Pour la première fois de son histoire, le Musée d'art contemporain de Montréal (MACM) utilise toutes ses salles pour exposer une centaine des oeuvres de sa collection. Déjà - Grand déploiement de la Collection est une randonnée artistique et ludique au paradis pluriel des artistes d'aujourd'hui.

C'est Josée Bélisle, la conservatrice des 7600 oeuvres acquises par le MACM (la moitié grâce à des dons), qui s'est échinée à sélectionner cette centaine d'oeuvres puis à donner un sens à l'exposition.

«Il s'agit d'un travail colossal bien que stimulant, estime Paulette Gagnon, directrice du musée. À l'approche de nos 50 ans, nous avons pensé que c'était le meilleur moment pour le faire.»

La commissaire Bélisle a donc dressé un portrait de l'art contemporain en choisissant et en organisant des oeuvres selon des thématiques ou des axes de lecture qui tiennent compte du caractère des peintures, des sculptures ou des installations, soit «de leurs affinités structurales et conceptuelles», comme elle dit.

Il serait fastidieux et inutile de décrire ici toutes les oeuvres magistrales que le public peut aller admirer dès demain, de préférence avec en main le magazine gratuit du musée qui fournit des explications bien utiles pour la compréhension des oeuvres. Difficile aussi d'en privilégier certaines par rapport à d'autres.

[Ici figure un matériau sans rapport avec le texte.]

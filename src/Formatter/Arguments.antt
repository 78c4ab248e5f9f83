-- ===== src/Formatter/Arguments.antt =====
-- The commands that make filesystems, against a table of the tools and their flags:
-- crates/partitioning/src/formatter.rs.
use disks_rs.Base.{String, Bool, Option, none, some, List, [], ◌∷◌, ◌++◌, if◌then◌else◌}
use disks_rs.Base.Text.{concat, decimal}
use disks_rs.Types.{Filesystem, fat32, standard, StandardFilesystemType}
use disks_rs.Formatter.{Formatter, Command}

-- A tool's program, the flags of an identifier and of a label, the text of an
-- identifier, and what forces it.
pub record Tool : Type 0 where
  pub program : String
  pub id_flag : String
  pub id_text : String → String
  pub label_flag : String
  pub forcing : List String

-- The tools and their flags. The one for FAT asks for nothing that could be forced.
abbrev pub fat_tool : Tool
fat_tool = record {
  program = "mkfs.fat";
  id_flag = "-i";
  id_text = λ s. s;
  label_flag = "-n";
  forcing = [];
}

abbrev pub tool : StandardFilesystemType → Tool
tool StandardFilesystemType.ext4 = record {
  program = "mkfs.ext4";
  id_flag = "-U";
  id_text = λ s. s;
  label_flag = "-L";
  forcing = "-F" ∷ [];
}
tool StandardFilesystemType.f2fs = record {
  program = "mkfs.f2fs";
  id_flag = "-U";
  id_text = λ s. s;
  label_flag = "-l";
  forcing = "-f" ∷ [];
}
tool StandardFilesystemType.xfs = record {
  program = "mkfs.xfs";
  id_flag = "-m";
  id_text = concat "uuid=";
  label_flag = "-L";
  forcing = "-f" ∷ [];
}
tool StandardFilesystemType.swap = record {
  program = "mkswap";
  id_flag = "-U";
  id_text = λ s. s;
  label_flag = "-L";
  forcing = "-f" ∷ [];
}

-- A filesystem's tool, its identifier and its label.
abbrev pub tool_of : Filesystem → Tool
tool_of (fat32 label volume_id) = fat_tool
tool_of (standard t label uuid) = tool t

abbrev pub id_of : Filesystem → Option String
id_of (fat32 label none) = none
id_of (fat32 label (some n)) = some (decimal n)
id_of (standard t label uuid) = uuid

abbrev pub label_of : Filesystem → Option String
label_of (fat32 label volume_id) = label
label_of (standard t label uuid) = label

-- A flag and its value, if there is one.
abbrev pub flagged : String → (String → String) → Option String → List String
flagged flag text none = []
flagged flag text (some value) = flag ∷ text value ∷ []

abbrev pub documented : Filesystem → Bool → String → Command
documented fs force device = record {
  program = (tool_of fs).program;
  args =
      flagged (tool_of fs).id_flag (tool_of fs).id_text (id_of fs)
      ++ (flagged (tool_of fs).label_flag (λ s. s) (label_of fs)
          ++ ((if force then (tool_of fs).forcing else []) ++ device ∷ []));
}
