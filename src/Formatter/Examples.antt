-- ===== src/Formatter/Examples.antt =====
-- The theorem on arguments at the filesystem of the crate's test for ext4.
use disks_rs.Base.{true, some}
use disks_rs.Types.{standard, StandardFilesystemType}
use disks_rs.Formatter.{Formatter}

abbrev root : Formatter
root = record {
  filesystem = standard StandardFilesystemType.ext4 (some "root") (some "1234");
  force = true;
}
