-- ===== src/Formatter/UnitTests.antt =====
-- The formatter's own tests, for every identifier: crates/partitioning/src/formatter.rs, `mod tests`.
use disks_rs.Base.{◌≡◌, refl, String, some, [], ◌∷◌}
use disks_rs.Base.Text.{concat, decimal}
use disks_rs.Types.{Filesystem, fat32, standard, StandardFilesystemType}
use disks_rs.Formatter.{mkfs_command, uuid_arg, label_arg}

abbrev boot : Filesystem
boot = fat32 (some "BOOT") (some 1234)

abbrev TestFat32Args : Type 0
TestFat32Args =
    (mkfs_command boot ≡ "mkfs.fat")
    × (uuid_arg boot ≡ "-i" ∷ "1234" ∷ [])
    × (label_arg boot ≡ "-n" ∷ "BOOT" ∷ [])

abbrev root : String → Filesystem
root uuid = standard StandardFilesystemType.ext4 (some "root") (some uuid)

abbrev TestExt4Args : String → Type 0
TestExt4Args uuid =
    (mkfs_command (root uuid) ≡ "mkfs.ext4")
    × (uuid_arg (root uuid) ≡ "-U" ∷ uuid ∷ [])
    × (label_arg (root uuid) ≡ "-L" ∷ "root" ∷ [])

abbrev xfs_root : String → Filesystem
xfs_root uuid = standard StandardFilesystemType.xfs (some "data") (some uuid)

abbrev TestXfsArgs : String → Type 0
TestXfsArgs uuid =
    (mkfs_command (xfs_root uuid) ≡ "mkfs.xfs")
    × (uuid_arg (xfs_root uuid) ≡ "-m" ∷ concat "uuid=" uuid ∷ [])
    × (label_arg (xfs_root uuid) ≡ "-L" ∷ "data" ∷ [])

all_pass : TestFat32Args × ((uuid : String) → TestExt4Args uuid × TestXfsArgs uuid)
unfolding mkfs_command uuid_arg label_arg decimal
all_pass = ((refl, refl, refl), λ uuid. ((refl, refl, refl), (refl, refl, refl)))
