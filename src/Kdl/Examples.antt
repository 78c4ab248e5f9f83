-- ===== src/Kdl/Examples.antt =====
-- The theorems on KDL values at concrete nodes. A node has a name and a
-- value or one child, and is its own entry.
use disks_rs.Base.{String, false, Option, none, some, List, [], ◌∷◌, if◌then◌else◌}
use disks_rs.Base.Text.{str_eq}
use disks_rs.Base.Int.{ℤ}
use disks_rs.Kdl.{Kdl}

pub data Node : Type 0 where
  leaf : String → Option String → ℤ → Node
  text : String → String → Node
  parent : String → Node → Node

abbrev pub name_of : Node → String
name_of (leaf name ty value) = name
name_of (text name value) = name
name_of (parent name child) = name

abbrev pub children_of : Node → List Node
children_of (parent name child) = child ∷ []
children_of _ = []

abbrev pub type_of : Node → Option String
type_of (leaf name ty value) = ty
type_of _ = none

abbrev pub integer_of : Node → Option ℤ
integer_of (leaf name ty value) = some value
integer_of _ = none

abbrev pub string_of : Node → Option String
string_of (text name value) = some value
string_of _ = none

abbrev pub nodes : Kdl Node Node Unit
nodes = record {
  name = name_of;
  name_text = name_of;
  iter_children = children_of;
  span = λ n. tt;
  entries = λ n. n ∷ [];
  entry_at = λ n i. some n;
  entry_named = λ n key. if str_eq key "role" then none else some (text key key);
  ty = type_of;
  as_string = string_of;
  as_integer = integer_of;
  entry_span = λ n. tt;
  is_empty = λ n. false;
  entry_name = λ n. none;
  to_lowercase = λ s. s;
}
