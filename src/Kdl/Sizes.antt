-- ===== src/Kdl/Sizes.antt =====
-- Sizes and constraints as they are read: crates/types/src/kdl_helpers.rs and constraints.rs.
use disks_rs.Base.{
  ℕ, ◌-◌, ◌≤◌, ◌*◌, ◌<◌, ◌≡◌, ◌≢◌, refl, ap, ◌∙◌, subst, arith, inl, inr, some, Result, ok, err,
  ◌>>=◌, mul64, mul64-eq, u64_mod, any, Bool-cases, Option-cases,
}
use disks_rs.Base.Text.{str_eq}
use disks_rs.Base.Int.{ℤ, pos, negsuc, to_u64}
use disks_rs.Types.{Error, StorageUnit, factor, unit_from_str, Constraints}
use disks_rs.Kdl.{
  Kdl, kdl_value_to_storage_size, kdl_value_to_integer, unit_from_kdl_type, ty_id,
  constraints_from_kdl_node, single_constraint, size_of, child,
}

n≤n*factor : (n : ℕ) (u : StorageUnit) → n ≤ n * factor u
unfolding factor
n≤n*factor n u = elim u as (λ v. n ≤ n * factor v) [
  | StorageUnit.bytes ↦ omega arith
  | StorageUnit.kilobytes ↦ omega arith
  | StorageUnit.megabytes ↦ omega arith
  | StorageUnit.gigabytes ↦ omega arith
  | StorageUnit.terabytes ↦ omega arith
  | StorageUnit.kibibytes ↦ omega arith
  | StorageUnit.mebibytes ↦ omega arith
  | StorageUnit.gibibytes ↦ omega arith
  | StorageUnit.tebibytes ↦ omega arith
]

to_u64-eq : (n : ℕ) → n < u64_mod → to_u64 (pos n) ≡ n
unfolding to_u64
to_u64-eq n h = omega arith

to_u64-negsuc : (n : ℕ) → n < u64_mod → to_u64 (negsuc n) ≡ u64_mod - 1 - n
unfolding to_u64
to_u64-negsuc n h = omega arith

module _ {N E S : Type 0} (k : Kdl N E S) where
  -- The sizes that are read, by the number and its unit.
  size-eq :
      (e : E) (v : ℤ) (u : StorageUnit)
      → k.as_integer e ≡ some v
      → unit_from_str {S = S} (ty_id k e "b") ≡ ok u
      → kdl_value_to_storage_size k e ≡ ok (mul64 (to_u64 v) (factor u))
  unfolding kdl_value_to_storage_size kdl_value_to_integer unit_from_kdl_type
  size-eq e v u i t = rw (i, t) refl

  -- A size that is written as a natural number, in a unit that the annotation names, is read as that
  -- number of bytes, if it is below 2 ^ 64.
  pub storage_size-pos :
      (e : E) (n : ℕ) (u : StorageUnit)
      → k.as_integer e ≡ some (pos n)
      → unit_from_str {S = S} (ty_id k e "b") ≡ ok u
      → n * factor u < u64_mod
      → kdl_value_to_storage_size k e ≡ ok (n * factor u)
  storage_size-pos e n u i t fits =
      size-eq e (pos n) u i t
      ∙ ap ok (
          mul64-eq (to_u64 (pos n)) (factor u)
            (rw (to_u64-eq n (omega (arith, n≤n*factor n u))) fits)
          ∙ ap (λ m. m * factor u) (to_u64-eq n (omega (arith, n≤n*factor n u))))

  -- A negative size is accepted: -(n + 1) bytes are read as 2 ^ 64 - (n + 1).
  pub storage_size-negsuc :
      (e : E) (n : ℕ)
      → k.as_integer e ≡ some (negsuc n)
      → unit_from_str {S = S} (ty_id k e "b") ≡ ok StorageUnit.bytes
      → n < u64_mod
      → kdl_value_to_storage_size k e ≡ ok (u64_mod - 1 - n)
  unfolding factor
  storage_size-negsuc e n i t h =
      size-eq e (negsuc n) StorageUnit.bytes i t
      ∙ ap ok (
          mul64-eq (to_u64 (negsuc n)) 1 (omega (arith, to_u64-negsuc n h))
          ∙ omega (arith, to_u64-negsuc n h))

  -- A result that is not the invalid constraint.
  abbrev IsDefinite : Result (Error S) Constraints → Type 0
  IsDefinite (ok Constraints.invalid) = ⊥
  IsDefinite _ = Unit

  bind-IsDefinite :
      {A : Type 0} (r : Result (Error S) A) (f : A → Result (Error S) Constraints)
      → ((a : A) → IsDefinite (f a))
      → IsDefinite (r >>= f)
  bind-IsDefinite (ok a) f h = h a
  bind-IsDefinite (err x) f h = tt

  single-IsDefinite : (n : N) → IsDefinite (single_constraint k n)
  single-IsDefinite n = elim (Option-cases (child k "min" n)) [
    | inr (least, e) ↦
        rw (e, single_constraint)
          (bind-IsDefinite (size_of k least) (λ m. ok (Constraints.at_least m)) (λ a. tt))
    | inl e ↦ elim (Option-cases (child k "exactly" n)) [
      | inr (least, f) ↦
          rw (e, f, single_constraint)
            (bind-IsDefinite (size_of k least) (λ m. ok (Constraints.exact m)) (λ a. tt))
      | inl f ↦ elim (Bool-cases (any (λ m. str_eq (k.name m) "remaining") (k.iter_children n))) [
        | inl t ↦ rw (e, f, t, single_constraint) tt
        | inr t ↦ rw (e, f, t, single_constraint) tt
      ]
    ]
  ]

  constraints-IsDefinite : (n : N) → IsDefinite (constraints_from_kdl_node k n)
  unfolding constraints_from_kdl_node
  constraints-IsDefinite n = elim (Option-cases (child k "min" n)) [
    | inl e ↦ rw (e, constraints_from_kdl_node) (single-IsDefinite n)
    | inr (least, e) ↦ elim (Option-cases (child k "max" n)) [
      | inl f ↦ rw (e, f, constraints_from_kdl_node) (single-IsDefinite n)
      | inr (most, f) ↦
          rw (e, f, constraints_from_kdl_node)
            (bind-IsDefinite (size_of k least)
              (λ m. size_of k most >>= λ l. ok (Constraints.range m l))
              (λ a. bind-IsDefinite (size_of k most) (λ l. ok (Constraints.range a l)) (λ b. tt)))
    ]
  ]

  -- A constraints node is never read as the invalid constraint.
  pub constraints_from_kdl_node-valid :
      (n : N) (c : Constraints) → constraints_from_kdl_node k n ≡ ok c → c ≢ Constraints.invalid
  constraints_from_kdl_node-valid n c h e =
      subst IsDefinite (h ∙ ap ok e) (constraints-IsDefinite n)
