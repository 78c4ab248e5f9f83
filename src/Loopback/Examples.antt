-- ===== src/Loopback/Examples.antt =====
-- The theorems on loop devices at a concrete system.
use disks_rs.Base.{
  ℕ, ◌+◌, refl, arith, true, some, none, List, [], ◌∷◌, ◌==◌, length, if◌then◌else◌,
}
use disks_rs.Loopback.{System, LoopDevice, create, attach, detach, create_sparse}
use disks_rs.Loopback.Descriptors.{without, IsTracked, Leaves, create-Leaves, open_files-kept}

-- A system whose state is the list of its open files: a new one gets the next number, up to 9.
abbrev system : System (List ℕ)
system = record {
  open_file = λ mode path w.
      if length w == 10 then (none, w) else (some (length w + 3), (length w + 3) ∷ w);
  ioctl = λ fd c w. (some 7, w);
  set_len = λ fd size w. (true, w);
  close = without;
}

system-IsTracked : IsTracked system (λ w. w)
system-IsTracked = record {
  open_some = λ mode path w fd h. ground arith;
  open_none = λ mode path w h. ground arith;
  ioctl_kept = λ fd c w. refl;
  set_len_kept = λ fd size w. refl;
  closed = λ fd w. refl;
}

create-Leaves_example : Leaves system (λ w. w) (λ d. d.fd ∷ []) [] (create system [])
create-Leaves_example = create-Leaves system (λ w. w) [] system-IsTracked

abbrev loop7 : LoopDevice
loop7 = record { fd = 4; path = "/dev/loop7" }

open_files-kept_example :
    Leaves system (λ w. w) (λ _. 4 ∷ []) (4 ∷ []) (attach system loop7 "disk.img" (4 ∷ []))
    × Leaves system (λ w. w) (λ _. 4 ∷ []) (4 ∷ []) (detach system loop7 (4 ∷ []))
    × Leaves system (λ w. w) (λ _. 4 ∷ []) (4 ∷ []) (create_sparse system "disk.img" 4096 (4 ∷ []))
open_files-kept_example =
    open_files-kept system (λ w. w) loop7 "disk.img" 4096 (4 ∷ []) system-IsTracked
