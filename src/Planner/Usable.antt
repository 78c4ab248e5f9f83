-- ===== src/Planner/Usable.antt =====
-- Planned partitions stay in the usable range: crates/partitioning/src/planner.rs,
-- `plan_add_partition_with_attributes`.
use disks_rs.Base.{ℕ, ◌<◌, ◌≤◌, ◌≡◌, refl, List, [], ◌∷◌, arith, All, All-append}
use disks_rs.Planner.{
  Change, add_partition, delete_partition, Planner, drop_last, undo, reset, plan_initialize_disk,
  aligned_start, aligned_end,
}
use disks_rs.Planner.Adding.{plan_add_iff}
use disks_rs.Planner.Steps.{
  delete-done, Step, add, delete, undone, cleared, initialized, Reach, here, next,
}

module _ {A : Type 0} where
  -- An added partition has positions, all of them between the bounds.
  abbrev pub IsWithin : ℕ → ℕ → Change A → Type 0
  IsWithin lower upper (add_partition s e id a) = (lower ≤ s) × (s < e) × (e ≤ upper)
  IsWithin lower upper (delete_partition i id) = Unit

  record IsUsable (lower upper : ℕ) (p : Planner A) : Type 0 where
    same_start : p.usable_start ≡ lower
    same_end : p.usable_end ≡ upper
    within : All (IsWithin lower upper) p.changes

  All-drop_last : (P : Change A → Type 0) (cs : List (Change A)) → All P cs → All P (drop_last cs)
  All-drop_last P [] h = tt
  All-drop_last P (c ∷ []) h = tt
  All-drop_last P (c ∷ d ∷ cs) h = (h.0, All-drop_last P (d ∷ cs) h.1)

  Step-IsUsable :
      (lower upper : ℕ) (p q : Planner A)
      → Step p q
      → IsUsable lower upper p
      → IsUsable lower upper q
  unfolding undo reset plan_initialize_disk
  Step-IsUsable lower upper p q (add s e a h) v =
      let (acc, eq) = (plan_add_iff s e a p q).0 h in
      let S = aligned_start s p in
      let E = aligned_end e p in
      let low : p.usable_start ≤ S = omega arith in
      let high : E ≤ p.usable_end = omega arith in
      rw eq (record {
        same_start = v.same_start;
        same_end = v.same_end;
        within =
            All-append (IsWithin lower upper) p.changes
              (add_partition S E p.next_partition_id a ∷ []) v.within
              (
                (omega (arith, low, v.same_start), acc.nonempty, omega (arith, high, v.same_end)),
                tt,
              );
      })
  Step-IsUsable lower upper p q (delete i h) v =
      let (n, _, eq) = delete-done i p q h in
      rw eq (record {
        same_start = v.same_start;
        same_end = v.same_end;
        within =
            All-append (IsWithin lower upper) p.changes (delete_partition i n ∷ []) v.within
              (tt, tt);
      })
  Step-IsUsable lower upper p q (undone e) v = rw e (record {
    same_start = v.same_start;
    same_end = v.same_end;
    within = All-drop_last (IsWithin lower upper) p.changes v.within;
  })
  Step-IsUsable lower upper p q (cleared e) v =
      rw e (record { same_start = v.same_start; same_end = v.same_end; within = tt })
  Step-IsUsable lower upper p q (initialized e) v =
      rw e (record { same_start = v.same_start; same_end = v.same_end; within = tt })

  Reach-IsUsable :
      (lower upper : ℕ) (p q : Planner A)
      → IsUsable lower upper p
      → Reach p q
      → IsUsable lower upper q
  Reach-IsUsable lower upper p q v here = v
  Reach-IsUsable lower upper p q v (next {q = m} r s) =
      Step-IsUsable lower upper m q s (Reach-IsUsable lower upper p m v r)

  -- After any sequence of successful additions, deletions, `undo`, `reset` and
  -- `plan_initialize_disk` on a planner without pending changes, each planned partition has
  -- positions, and all of them are in that planner's usable range.
  pub Reach-IsWithin :
      (p q : Planner A)
      → p.changes ≡ []
      → Reach p q
      → All (IsWithin p.usable_start p.usable_end) q.changes
  Reach-IsWithin p q e r =
      (Reach-IsUsable p.usable_start p.usable_end p q
        (record { same_start = refl; same_end = refl; within = rw e tt }) r).within
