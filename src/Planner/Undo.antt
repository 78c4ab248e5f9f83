-- ===== src/Planner/Undo.antt =====
-- `undo` and refused calls: crates/partitioning/src/planner.rs.
use disks_rs.Base.{
  ℕ, zero, suc, ◌≤◌, ◌≡◌, refl, inl, inr, true, Option, none, List, [], ◌∷◌, ◌++◌, arith,
  Option-cases, add32, done, fail, length, get_elem?,
}
use disks_rs.Planner.{
  PlanError, Change, add_partition, delete_partition, Planner, undo, has_changes,
  plan_add_partition_with_attributes, plan_delete_partition,
}
use disks_rs.Planner.Adding.{planned, plan_add_iff}
use disks_rs.Planner.History.{drop_last-append}
use disks_rs.Planner.Steps.{delete-done}

-- A lookup that finds nothing is out of range.
get_elem?-none : (l : List ℕ) (i : ℕ) → get_elem? l i ≡ none → length l ≤ i
get_elem?-none [] i h = omega arith
get_elem?-none (x ∷ l) zero h = cc
get_elem?-none (x ∷ l) (suc i) h = omega (arith, get_elem?-none l i h)

module _ {A : Type 0} where
  has_changes-append :
      (p : Planner A) (cs : List (Change A)) (c : Change A)
      → p.changes ≡ cs ++ c ∷ []
      → has_changes p ≡ true
  has_changes-append p [] c h = rw (h, has_changes)
  has_changes-append p (d ∷ cs) c h = rw (h, has_changes)

  -- `undo` right after a successful addition returns true and restores the planner, but for the
  -- partition id, which stays used.
  pub undo-plan_add :
      (s e : ℕ) (a : Option A) (p q : Planner A)
      → plan_add_partition_with_attributes s e a p ≡ done tt q
      → undo q ≡ (record p { next_partition_id = add32 p.next_partition_id 1 }, true)
  unfolding undo
  undo-plan_add s e a p q h =
      let (_, eq) = (plan_add_iff s e a p q).0 h in
      rw eq (
        cc (
          drop_last-append p.changes (add_partition _ _ p.next_partition_id a),
          has_changes-append (planned _ _ a p) p.changes _ refl,
        ))

  -- `undo` right after a successful deletion returns true and restores the planner.
  pub undo-plan_delete :
      (i : ℕ) (p q : Planner A) → plan_delete_partition i p ≡ done tt q → undo q ≡ (p, true)
  unfolding undo
  undo-plan_delete i p q h =
      let (n, _, eq) = delete-done i p q h in
      rw eq (
        cc (
          drop_last-append p.changes (delete_partition i n),
          has_changes-append (record p { changes = p.changes ++ delete_partition i n ∷ [] })
              p.changes (delete_partition i n) refl,
        ))

  -- A refused deletion leaves the planner as it was, and is one of an index out of range.
  pub plan_delete-fail :
      (i : ℕ) (p q : Planner A) (e : PlanError)
      → length p.original_partition_ids ≡ length p.original_regions
      → plan_delete_partition i p ≡ fail e q
      → (q ≡ p) × (length p.original_regions ≤ i)
  unfolding plan_delete_partition
  plan_delete-fail i p q e lens h = elim (Option-cases (get_elem? p.original_partition_ids i)) [
    | inl gone ↦ (ground arith, omega (arith, lens, get_elem?-none p.original_partition_ids i gone))
    | inr (n, here) ↦ (ground arith, ground arith)
  ]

Disons que l'expérience qui m'a le plus fasciné est liée aux oeuvres exposées dans la salle Joseph A. Simard. La commissaire y a installé deux immenses voilages noirs et blancs en forme de robe qui tournent autour d'un axe à la manière d'un derviche tourneur. Cette installation enivrante et interactive (on peut se placer à l'intérieur des voilages) d'Ann Hamilton est en totale harmonie avec l'oeuvre de Gary Hill qui s'intitule...Dervish.

Installée dans une pièce sombre où l'on entre ébloui et où nos yeux s'adaptent petit à petit, Dervish est une installation visuelle et sonore qui rappelle les danseurs turcs et leurs tourbillons rituels. Pour illustrer la surabondance d'images, de sons et d'informations qui caractérise notre modernité, Gary Hill nous la fait vivre en nous enivrant de stimuli.

La salle 7 contiguë présente Soliloquy, une vidéo doublement projetée par l'artiste d'origine iranienne Shirin Neshat et qui met en parallèle la condition féminine en Occident et dans les pays musulmans. De très belles images de l'Orient coloré et un contraste saisissant entre tradition et modernité pendant 17 minutes.

Non loin, les photos circulaires de Luc Courchesne, les bustes à la gloire de Bach, par Raymond Gervais, et le We Were in Kyoto très ludique du couple Kabakov invitent au voyage et au plaisir.

La salle Nahum et Sheila Gelber présente les Grands archétypes, des oeuvres de grande taille, comme deux statues géantes de David Altmejd, son Dentiste vêtu de miroirs et son Berger imposant, tout de crin, de luisance et de quartz.

Couché sur le sol, le Gisant de plomb de Marc Quinn est original et bien fait. Les Boat People d'Alfredo Jaar, représentés par des photos révélées par des miroirs placés sur le mur, est une oeuvre émouvante où la liberté croise le destin sur les flots.

À noter aussi dans cette salle l'igloo en acier et vitres cassées de Mario Merz, une très belle oeuvre d'Ed Pien, encrée et découpée dans du matériau réfléchissant et un essai sur le reflet par Nicolas Baier.

Dans la salle Liliane et David M. Stewart, photographies et sculptures conversent et racontent notre monde qui bouge. Une forêt d'acier de Michel Goulet fait de l'ombre à la photo en surplomb d'un intérieur urbain délabré d'Alain Paiment. Plus loin, avec Le corps du ciel, Geneviève Cadieux accorde le gris des nuages au bleu d'une peau.

La salle 1 est un lieu à géométrie variable: deux immenses tunnels concentriques de Bruce Nauman côtoient un bloc de dolomite d'Ulrich Rückriem, les cercles de grès pour Richard Long et de peintures sombres pour Claude Tousignant, sans parler du cône de graisse de Royden Rabinowitch (ne pas toucher, ça tache!) que les employés du MACM ont réalisé sur place avec des barils de graisse haute pression.

OEuvre majeure de Louise Bourgeois, The Red Room - Child est enfin une invitation au regard intérieur de l'extérieur des choses. L'envers des apparences, dit Josée Bélisle qui signe là un grand moment d'art pour un musée qui réussit pleinement et en grand son (re)déploiement.